"Elsa Triolet n'aura eu de cesse de manier la langue pour mettre en mots le monde, l'homme, la femme, pour dire l'amour et la détresse, la solitude et les espoirs, le drame de la vieillesse, l'incandescence de la création." Par cette déclaration élogieuse, le directeur de la Maison Triolet-Aragon Guillaume Roubaud-Quashie illustre le talent immortel de la romancière, traductrice, critique, journaliste.
Un portrait réalisé pour une occasion précise : celle de la sortie du timbre à son effigie, dès le 14 juin 2021 dans certains bureaux de poste - et le 12 juin à Paris et à Saint-Arnoult-en-Yvelines (78). La pièce, conçue par la graphiste Ségolène Carron à partir d'un cliché de la photographe Gisèle Freund et éditée par La Poste, succède au timbre de Simone de Beauvoir, et invite à (re)découvrir le parcours iconique d'une grande penseuse.
Elsa Triolet est née Ella Yourievna Kagan, en Russie, de parents juifs intellectuels. La jeune femme fait de brillantes études, fréquentent les milieux révolutionnaires de Moscou et, en 1919, alors qu'elle déplore les conséquences humaines d'un mouvement dont elle embrassait pourtant les idées, émigre à Paris avec son mari, un officier français en poste à Moscou du nom d'André Triolet.
Si leur union ne dure pas, sa passion pour le pays et les lettres, elle, perdurera jusqu'à sa mort, en 1970. Elsa Triolet n'aura d'ailleurs de cesse de faire découvrir les richesses de ses deux cultures à l'une et l'autre. Elle se fait ainsi la traductrice du français au russe des oeuvres de Céline comme du poète Aragon - son compagnon - puis du russe au français des livres de Gogol, Tchékhov, Maïakovski...

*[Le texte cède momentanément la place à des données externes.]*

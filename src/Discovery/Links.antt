-- ===== src/Discovery/Links.antt =====
-- server/discovery.cpp: which links the two threads leave open.
use wisp.Prelude.{
  ℕ, ◌≡◌, refl, ap, inl, inr, Bool-cases, true, false, not, ◌&&◌, ◌||◌, Bool, List, [], ◌∷◌, ◌++◌,
  ◌==◌, Bytes, bytes_eq, if◌then◌else◌, arith, length, ◌≤◌,
}
use wisp.Prelude.Map.{lookup, keys, contains}
use wisp.Discovery.{
  Discovery, PeerCall, dial, drop, max_dialed_peers, on_datagram, drops, expire_stale,
}
use wisp.Discovery.Roster.{
  open_after, listed, listed-keys, IsRoster, Keeps, on_datagram-Keeps, set_cluster-Keeps,
  set_cluster_cases, expire_stale-Keeps, contains-live,
}
use wisp.Discovery.Threads.{
  Event, hears, joins, drops_next, ticks, Threads, to_drop, made, drop_first, step, run, none_owed,
  is_undisturbed, undisturbed, idle,
}

-- Calls treat what is open and what is on the roster alike.
open_after-le :
    (links others : Bytes → Bool) (calls : List PeerCall) (u : Bytes) (x : Bool)
    → (not (links u) || (others u || x)) ≡ true
    → (not (open_after links calls u) || (open_after others calls u || x)) ≡ true
unfolding open_after
open_after-le links others [] u x h = h
open_after-le links others (dial uuid address ∷ calls) u x h =
    open_after-le (λ v. if uuid == v then true else links v)
      (λ v. if uuid == v then true else others v) calls u x (ground (arith, h))
open_after-le links others (drop uuid ∷ calls) u x h =
    open_after-le (λ v. if uuid == v then false else links v)
      (λ v. if uuid == v then false else others v) calls u x (ground (arith, h))

to_drop-drops : (uuids : List Bytes) → to_drop (drops uuids) ≡ uuids
unfolding to_drop drops
to_drop-drops [] = refl
to_drop-drops (x ∷ uuids) = rw (to_drop-drops uuids) refl

listed-append :
    (xs ys : List Bytes) (u : Bytes) → listed (xs ++ ys) u ≡ (listed xs u || listed ys u)
listed-append [] ys u = refl
listed-append (x ∷ xs) ys u = ground (arith, listed-append xs ys u)

-- Every open link is on the roster or about to be dropped.
abbrev pub NoneLost : Threads → Bytes → Type 0
NoneLost t u = (not (t.links u) || (contains u t.roster.dialed || listed t.owed u)) ≡ true

-- Every peer on the roster has its link, and none is about to be dropped.
abbrev pub AllLinked : Threads → Bytes → Type 0
AllLinked t u =
    ((not (contains u t.roster.dialed) || t.links u) ≡ true)
    × ((contains u t.roster.dialed && listed t.owed u) ≡ false)

none_owed-listed : (owed : List Bytes) (u : Bytes) → none_owed owed ≡ true → listed owed u ≡ false
none_owed-listed [] u h = refl
none_owed-listed (x ∷ owed) u h = ground (arith, h)

module _ (t : Threads) (u : Bytes) where
  made-NoneLost :
      (r : Discovery × List PeerCall) → Keeps t.roster r → NoneLost t u → NoneLost (made t r) u
  made-NoneLost r k h = ground (
    arith,
    open_after-le t.links (λ v. contains v t.roster.dialed) r.1 u (listed t.owed u) h,
    k.tracks (λ v. contains v t.roster.dialed) (λ v. refl) u,
  )

  made-linked :
      (r : Discovery × List PeerCall)
      → Keeps t.roster r
      → (not (contains u t.roster.dialed) || t.links u) ≡ true
      → (not (contains u r.0.dialed) || open_after t.links r.1 u) ≡ true
  made-linked r k h = ground (
    arith,
    open_after-le (λ v. contains v t.roster.dialed) t.links r.1 u false (ground (arith, h)),
    k.tracks (λ v. contains v t.roster.dialed) (λ v. refl) u,
  )

  joins-NoneLost : (cluster : Bytes) → NoneLost t u → NoneLost (step t (joins cluster)) u
  unfolding step
  joins-NoneLost cluster h = elim (set_cluster_cases t.roster cluster) [
    | inl e ↦ rw e (ground (arith, h, listed-append t.owed [] u))
    | inr e ↦
        rw (e, to_drop-drops (keys t.roster.dialed))
          (ground (
            arith,
            h,
            listed-append t.owed (keys t.roster.dialed) u,
            listed-keys t.roster.dialed u,
          ))
  ]

  joins-AllLinked : (cluster : Bytes) → AllLinked t u → AllLinked (step t (joins cluster)) u
  unfolding step to_drop
  joins-AllLinked cluster h = elim (set_cluster_cases t.roster cluster) [
    | inl e ↦ rw e (h.0, ground (arith, h.1, listed-append t.owed [] u))
    | inr e ↦ rw e (unfold contains lookup in (refl, refl))
  ]

  ticks-AllLinked : (now : ℕ) → IsRoster t.roster → AllLinked t u → AllLinked (step t (ticks now)) u
  unfolding step expire_stale
  ticks-AllLinked now v h = (
    made-linked (expire_stale t.roster now) (expire_stale-Keeps now t.roster v) h.0,
    ground (arith, h.1, contains-live now t.roster.dialed u),
  )

  hears-AllLinked :
      (sender_ip data' : Bytes) (now : ℕ)
      → IsRoster t.roster
      → none_owed t.owed ≡ true
      → AllLinked t u
      → AllLinked (step t (hears sender_ip data' now)) u
  unfolding step
  hears-AllLinked sender_ip data' now v quiet h = (
    made-linked (on_datagram t.roster sender_ip data' now)
        (on_datagram-Keeps t.roster sender_ip data' now v) h.0,
    ground (arith, none_owed-listed t.owed u quiet),
  )

  drop_first-NoneLost :
      (owed : List Bytes) → t.owed ≡ owed → NoneLost t u → NoneLost (drop_first owed t) u
  unfolding drop_first open_after
  drop_first-NoneLost [] e h = h
  drop_first-NoneLost (uuid ∷ owed) e h = ground (arith, h, ap (λ l. listed l u) e)

  drop_first-AllLinked :
      (owed : List Bytes) → t.owed ≡ owed → AllLinked t u → AllLinked (drop_first owed t) u
  unfolding drop_first open_after
  drop_first-AllLinked [] e h = h
  drop_first-AllLinked (uuid ∷ owed) e h =
      (ground (arith, h, ap (λ l. listed l u) e), ground (arith, h, ap (λ l. listed l u) e))

drop_first-IsRoster :
    (t : Threads) (owed : List Bytes) → IsRoster t.roster → IsRoster (drop_first owed t).roster
unfolding drop_first
drop_first-IsRoster t [] v = v
drop_first-IsRoster t (uuid ∷ owed) v = v

step-IsRoster : (t : Threads) (e : Event) → IsRoster t.roster → IsRoster (step t e).roster
unfolding step
step-IsRoster t (hears sender_ip data' now) v =
    (on_datagram-Keeps t.roster sender_ip data' now v).roster
step-IsRoster t (joins cluster) v = (set_cluster-Keeps t.roster cluster v).roster
step-IsRoster t drops_next v = drop_first-IsRoster t t.owed v
step-IsRoster t (ticks now) v = (expire_stale-Keeps now t.roster v).roster

step-NoneLost :
    (t : Threads) (u : Bytes) (e : Event) → IsRoster t.roster → NoneLost t u → NoneLost (step t e) u
unfolding step
step-NoneLost t u (hears sender_ip data' now) v h =
    made-NoneLost t u _ (on_datagram-Keeps t.roster sender_ip data' now v) h
step-NoneLost t u (joins cluster) v h = unfold step in joins-NoneLost t u cluster h
step-NoneLost t u drops_next v h = drop_first-NoneLost t u t.owed refl h
step-NoneLost t u (ticks now) v h = made-NoneLost t u _ (expire_stale-Keeps now t.roster v) h

step-AllLinked :
    (t : Threads) (u : Bytes) (e : Event)
    → IsRoster t.roster
    → is_undisturbed t.owed e ≡ true
    → AllLinked t u
    → AllLinked (step t e) u
unfolding step
step-AllLinked t u (hears sender_ip data' now) v quiet h =
    unfold step in hears-AllLinked t u sender_ip data' now v quiet h
step-AllLinked t u (joins cluster) v quiet h = unfold step in joins-AllLinked t u cluster h
step-AllLinked t u drops_next v quiet h = drop_first-AllLinked t u t.owed refl h
step-AllLinked t u (ticks now) v quiet h = unfold step in ticks-AllLinked t u now v h

-- What holds after a run, whatever comes between a change of the cluster and its drop calls.
run-NoneLost :
    (t : Threads) (u : Bytes) (events : List Event)
    → IsRoster t.roster
    → NoneLost t u
    → IsRoster (run t events).roster × NoneLost (run t events) u
unfolding run
run-NoneLost t u [] v h = (v, h)
run-NoneLost t u (e ∷ events) v h =
    run-NoneLost (step t e) u events (step-IsRoster t e v) (step-NoneLost t u e v h)

run-AllLinked :
    (t : Threads) (u : Bytes) (events : List Event)
    → IsRoster t.roster
    → AllLinked t u
    → (not (undisturbed t events)
        || (not (contains u (run t events).roster.dialed) || (run t events).links u))
      ≡ true
unfolding run undisturbed
run-AllLinked t u [] v h = ground (arith, h.0)
run-AllLinked t u (e ∷ events) v h = elim (Bool-cases (is_undisturbed t.owed e)) [
  | inl quiet ↦
      rw quiet
        (run-AllLinked (step t e) u events (step-IsRoster t e v) (step-AllLinked t u e v quiet h))
  | inr noise ↦ rw noise refl
]

-- After any beacons, cluster changes and expiries, with the drop calls of a cluster change made at any
-- time after it: at most MaxDialedPeers stand on the roster, and every link that the dial and drop calls
-- leave open is to a peer on the roster or to one whose drop call is still to come. When no beacon was
-- handled before the drop calls of a cluster change were made, every peer on the roster has its link.
pub run-idle-Tracks :
    (cluster self_uuid : Bytes) (router_port tap_port : ℕ) (events : List Event) (u : Bytes)
    → let first = idle cluster self_uuid router_port tap_port in
      let after = run first events in
      (length after.roster.dialed ≤ max_dialed_peers)
      × ((not (after.links u) || (contains u after.roster.dialed || listed after.owed u)) ≡ true)
      × ((not (undisturbed first events) || (not (contains u after.roster.dialed) || after.links u))
          ≡ true)
run-idle-Tracks cluster self_uuid router_port tap_port events u =
    let first = idle cluster self_uuid router_port tap_port in
    let v : IsRoster first.roster = record { distinct = tt; bounded = omega arith } in
    let (k, n) = run-NoneLost first u events v refl in
    (k.bounded, n, run-AllLinked first u events v (unfold contains lookup in (refl, refl)))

Remariée à Louis Aragon le 28 février 1939, elle s'engage pleinement dans la Résistance dans la zone Sud (à Lyon et dans la Drôme) lors de la Seconde guerre mondiale, contribuant notamment à faire paraître plusieurs revues qui relaient des informations cruciales des lignes alliées, et encouragent les lecteurs à se comporter en "soldats français", révèle le Musée de la Résistance.
A la libération, elle remporte le prix Goncourt, premier attribué à une femme, pour son roman Le premier accroc coûte deux cents francs, phrase qui annonçait le débarquement en Provence. "Mais ce temps change vite et le vent glacial de la guerre froide ne tarde pas à éloigner Triolet des belles tribunes d'honneur. Anticommunisme et misogynie convergent pour tenir l'écrivaine dans l'ombre", poursuit Guillaume Roubaud-Quashie.
Une injustice qui ne l'empêchera pas de poursuivre sa carrière et, bien des années après sa disparition, d'inspirer encore de nombreuses générations. "On ne dira jamais assez pourquoi Elsa est un honneur pour la littérature française", déclarait Edmonde Charles-Roux, citée par le directeur de la Maison Triolet-Aragon. Avec ce timbre, La Poste contribue au moins à la célébrer.